*** Opening of DATA FOR REVIEW ***

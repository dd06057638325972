-- ===== src/Runtime/Flows/Tasks/Examples.antt =====
-- A task that the activation issuer refuses, and a cancellation that comes too late.
use ros2_agent_workflow.Common.{◌≡◌, ◌≢◌, refl, ◌⊎◌, false, some}
use ros2_agent_workflow.Safety.{running}
use ros2_agent_workflow.Gateway.{init, transition}
use ros2_agent_workflow.Gateway.Methods.{estop_commit, halt}
use ros2_agent_workflow.Gateway.Actions
use ros2_agent_workflow.Runtime.Flows.Tasks.{cancel_task, cancel_in, require_running}
use ros2_agent_workflow.Runtime.Flows.Tasks.Cancelled.{cancel_task_halts}
use ros2_agent_workflow.Runtime.Flows.Examples.{stopping, stopping-Passive, moving_on}
use ros2_agent_workflow.Runtime.Errors.{
  runtime_raised, runtime_error, unsafe_state, audit_integrity_compromised,
}
use ros2_agent_workflow.Runtime.Ledger.{empty}
use ros2_agent_workflow.Runtime.Ledger.Actions.{run, step}
use ros2_agent_workflow.Runtime.Flows.{state, interfere}
use ros2_agent_workflow.Runtime.Flows.Requests.{unavailable}
use ros2_agent_workflow.Runtime.Flows.Terminal.{permitted}
use ros2_agent_workflow.Runtime.Flows.Examples.{quiet, quiet-Passive, ready, fetch, refusing}
use ros2_agent_workflow.Runtime.Flows.Tasks.{
  run_task, run_in, run_loaded, issue_permit, load_compatible_task,
}
use ros2_agent_workflow.Runtime.Flows.Tasks.Halts.{run_task_halts}
use ros2_agent_workflow.Audit.{subset}

run_task_halts_example :
    ((run_task quiet refusing (some fetch) false ready).0.system.gateway.state ≢ running)
    ⊎ (runtime_raised (runtime_error "UNSAFE_STATE") ≡ runtime_raised audit_integrity_compromised)
unfolding run_task run_in run_loaded issue_permit load_compatible_task permitted state interfere run
    init unavailable empty subset
run_task_halts_example =
    run_task_halts quiet refusing (some fetch) false ready quiet-Passive (λ h. cc) refl
      (runtime_raised (runtime_error "UNSAFE_STATE")) refl

cancel_task_halts_example :
    (cancel_task stopping refusing moving_on).0.system.gateway.state ≢ running
unfolding cancel_task cancel_in require_running state interfere run step Actions.step estop_commit
    halt transition init unavailable empty
cancel_task_halts_example =
    cancel_task_halts stopping refusing moving_on stopping-Passive refl
      (runtime_raised unsafe_state) refl
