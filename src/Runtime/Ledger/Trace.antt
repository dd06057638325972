-- ===== src/Runtime/Ledger/Trace.antt =====
-- All the transitions that a gateway has made, of which its history keeps the latest ones
-- (agent_ros/safety/gateway.py), and how they are found by number.
use ros2_agent_workflow.Common.{
  ℕ, suc, ◌<◌, ◌≡◌, sym, ◌∙◌, ◌⊎◌, subst, ap, false, List, [], ◌∷◌, ◌++◌, some, arith, inl, inr,
  ◌==◌, Bool-cases, All, leb,
}
use ros2_agent_workflow.Safety.{SafetyState, new}
use ros2_agent_workflow.Gateway.{SafetyTransition, transitions_from}
use ros2_agent_workflow.Runtime.Ledger.{find_transition}

-- Newest first: numbered without a gap from 0, each beginning where the one before it ended and the
-- first one in NEW.
abbrev pub Whole : ℕ → SafetyState → List SafetyTransition → Type 0
Whole n state [] = (n ≡ 0) × (state ≡ new)
Whole n state (t ∷ older) =
    (suc t.sequence ≡ n) × (t.state_after ≡ state) × Whole t.sequence t.state_before older

-- The transition is the one of its number.
abbrev pub Known : List SafetyTransition → SafetyTransition → Type 0
Known trace t = find_transition t.sequence trace ≡ some t

pub find_below :
    (k n : ℕ) (state : SafetyState) (t : SafetyTransition) (trace : List SafetyTransition)
    → Whole n state trace
    → find_transition k trace ≡ some t
    → k < n
unfolding find_transition
find_below k n state t [] w h = cc
find_below k n state t (u ∷ older) w h = elim (Bool-cases (u.sequence == k)) [
  | inl e ↦ ground (arith, e, w.0)
  | inr e ↦ omega (arith, find_below k u.sequence u.state_before t older w.2 (rw (e) at h), w.0)
]

pub find_sequence :
    (k : ℕ) (t : SafetyTransition) (trace : List SafetyTransition)
    → find_transition k trace ≡ some t
    → t.sequence ≡ k
unfolding find_transition
find_sequence k t [] h = cc
find_sequence k t (u ∷ older) h = ground (arith, find_sequence k t older)

pub find-All :
    (P : SafetyTransition → Type 0) (k : ℕ) (t : SafetyTransition) (trace : List SafetyTransition)
    → All P trace
    → find_transition k trace ≡ some t
    → P t
unfolding find_transition
find-All P k t [] p h = cc
find-All P k t (u ∷ older) p h = elim (Bool-cases (u.sequence == k)) [
  | inl e ↦ let h' : some u ≡ some t = rw (e) at h in subst P (cc) p.0
  | inr e ↦ find-All P k t older p.1 (rw (e) at h)
]

pub Known-grows :
    (u t : SafetyTransition) (state : SafetyState) (trace : List SafetyTransition)
    → Whole u.sequence state trace
    → Known trace t
    → Known (u ∷ trace) t
unfolding find_transition
Known-grows u t state trace w k =
    ground (arith, find_below t.sequence u.sequence state t trace w k, k)

pub Known-newest : (u : SafetyTransition) (trace : List SafetyTransition) → Known (u ∷ trace) u
unfolding find_transition
Known-newest u trace = ground arith

pub All-Known-grows :
    (u : SafetyTransition) (state : SafetyState) (trace ts : List SafetyTransition)
    → Whole u.sequence state trace
    → All (Known trace) ts
    → All (Known (u ∷ trace)) ts
All-Known-grows u state trace [] w a = tt
All-Known-grows u state trace (t ∷ ts) w a =
    (Known-grows u t state trace w a.0, All-Known-grows u state trace ts w a.1)

All-append :
    (P : SafetyTransition → Type 0) (xs ys : List SafetyTransition)
    → All P xs
    → All P ys
    → All P (xs ++ ys)
All-append P [] ys a b = b
All-append P (x ∷ xs) ys a b = (a.0, All-append P xs ys a.1 b)

pub transitions_from-All :
    (P : SafetyTransition → Type 0) (n : ℕ) (history : List SafetyTransition)
    → All P history
    → All P (transitions_from n history)
unfolding transitions_from
transitions_from-All P n [] a = tt
transitions_from-All P n (t ∷ older) a = elim (Bool-cases (leb n t.sequence)) [
  | inl e ↦
      rw (transitions_from, e)
        (All-append P (transitions_from n older) (t ∷ []) (transitions_from-All P n older a.1)
          (a.0, tt))
  | inr e ↦ rw (transitions_from, e) (transitions_from-All P n older a.1)
]

Known-inv :
    (t u : SafetyTransition) (older : List SafetyTransition)
    → Known (u ∷ older) t
    → (t ≡ u) ⊎ (((u.sequence == t.sequence) ≡ false) × Known older t)
unfolding find_transition
Known-inv t u older k = elim (Bool-cases (u.sequence == t.sequence)) [
  | inl e ↦ let h : some u ≡ some t = rw (e) at k in inl (cc)
  | inr e ↦ inr (e, rw (e) at k)
]

Whole-zero :
    (n : ℕ) (state : SafetyState) (trace : List SafetyTransition)
    → Whole n state trace
    → n ≡ 0
    → state ≡ new
Whole-zero n state [] w z = w.1
Whole-zero n state (u ∷ older) w z = ground (arith, w.0, z)

-- The newest transition ended in the present state.
newest_after :
    (n : ℕ) (state : SafetyState) (u : SafetyTransition) (trace : List SafetyTransition)
    → Whole n state trace
    → suc u.sequence ≡ n
    → Known trace u
    → u.state_after ≡ state
unfolding find_transition
newest_after n state u [] w z k = cc
newest_after n state u (v ∷ older) w z k = elim (Known-inv u v older k) [
  | inl e ↦ subst (λ x. x.state_after ≡ state) (sym e) w.1
  | inr (e, l) ↦ ground (arith, e, w.0, z)
]

-- A transition begins where the one before it ended, and the one of number 0 begins in NEW.
pub begins :
    (n : ℕ) (state : SafetyState) (t : SafetyTransition) (trace : List SafetyTransition)
    → Whole n state trace
    → t.sequence ≡ 0
    → Known trace t
    → t.state_before ≡ new
unfolding find_transition
begins n state t [] w z k = cc
begins n state t (u ∷ older) w z k = elim (Known-inv t u older k) [
  | inl e ↦
      subst (λ x. x.state_before ≡ new) (sym e)
        (Whole-zero u.sequence u.state_before older w.2 (sym (ap (λ x. x.sequence) e) ∙ z))
  | inr (e, l) ↦ begins u.sequence u.state_before t older w.2 z l
]

pub adjoins :
    (n : ℕ) (state : SafetyState) (t u : SafetyTransition) (trace : List SafetyTransition)
    → Whole n state trace
    → t.sequence ≡ suc u.sequence
    → Known trace t
    → Known trace u
    → t.state_before ≡ u.state_after
unfolding find_transition
adjoins n state t u [] w z k l = cc
adjoins n state t u (v ∷ older) w z k l = elim (Known-inv t v older k) [
  | inl e ↦ elim (Known-inv u v older l) [
    | inl f ↦ ground (arith, z, ap (λ x. x.sequence) (e ∙ sym f))
    | inr (f, l') ↦ sym (
        newest_after v.sequence t.state_before u older
          (subst (λ x. Whole v.sequence x.state_before older) (sym e) w.2)
          (sym z ∙ ap (λ x. x.sequence) e) l')
  ]
  | inr (e, k') ↦ elim (Known-inv u v older l) [
    | inl f ↦ ground (
      arith,
      z,
      find_below t.sequence v.sequence v.state_before t older w.2 k',
      ap (λ x. x.sequence) f,
    )
    | inr (f, l') ↦ adjoins v.sequence v.state_before t u older w.2 z k' l'
  ]
]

*** Close of DATA FOR REVIEW ***

TASK INSTRUCTIONS: Copy out the range of lines above starting at the line with "(t u : SafetyTransition) (older" and ending at the line with "(subst (λ x.", exactly and including both.

EXERCISE RESULT:
    (t u : SafetyTransition) (older : List SafetyTransition)
    → Known (u ∷ older) t
    → (t ≡ u) ⊎ (((u.sequence == t.sequence) ≡ false) × Known older t)
unfolding find_transition
Known-inv t u older k = elim (Bool-cases (u.sequence == t.sequence)) [
  | inl e ↦ let h : some u ≡ some t = rw (e) at k in inl (cc)
  | inr e ↦ inr (e, rw (e) at k)
]

Whole-zero :
    (n : ℕ) (state : SafetyState) (trace : List SafetyTransition)
    → Whole n state trace
    → n ≡ 0
    → state ≡ new
Whole-zero n state [] w z = w.1
Whole-zero n state (u ∷ older) w z = ground (arith, w.0, z)

-- The newest transition ended in the present state.
newest_after :
    (n : ℕ) (state : SafetyState) (u : SafetyTransition) (trace : List SafetyTransition)
    → Whole n state trace
    → suc u.sequence ≡ n
    → Known trace u
    → u.state_after ≡ state
unfolding find_transition
newest_after n state u [] w z k = cc
newest_after n state u (v ∷ older) w z k = elim (Known-inv u v older k) [
  | inl e ↦ subst (λ x. x.state_after ≡ state) (sym e) w.1
  | inr (e, l) ↦ ground (arith, e, w.0, z)
]

-- A transition begins where the one before it ended, and the one of number 0 begins in NEW.
pub begins :
    (n : ℕ) (state : SafetyState) (t : SafetyTransition) (trace : List SafetyTransition)
    → Whole n state trace
    → t.sequence ≡ 0
    → Known trace t
    → t.state_before ≡ new
unfolding find_transition
begins n state t [] w z k = cc
begins n state t (u ∷ older) w z k = elim (Known-inv t u older k) [
  | inl e ↦
      subst (λ x. x.state_before ≡ new) (sym e)
        (Whole-zero u.sequence u.state_before older w.2 (sym (ap (λ x. x.sequence) e) ∙ z))
  | inr (e, l) ↦ begins u.sequence u.state_before t older w.2 z l
]

pub adjoins :
    (n : ℕ) (state : SafetyState) (t u : SafetyTransition) (trace : List SafetyTransition)
    → Whole n state trace
    → t.sequence ≡ suc u.sequence
    → Known trace t
    → Known trace u
    → t.state_before ≡ u.state_after
unfolding find_transition
adjoins n state t u [] w z k l = cc
adjoins n state t u (v ∷ older) w z k l = elim (Known-inv t v older k) [
  | inl e ↦ elim (Known-inv u v older l) [
    | inl f ↦ ground (arith, z, ap (λ x. x.sequence) (e ∙ sym f))
    | inr (f, l') ↦ sym (
        newest_after v.sequence t.state_before u older
          (subst (λ x. Whole v.sequence x.state_before older) (sym e) w.2)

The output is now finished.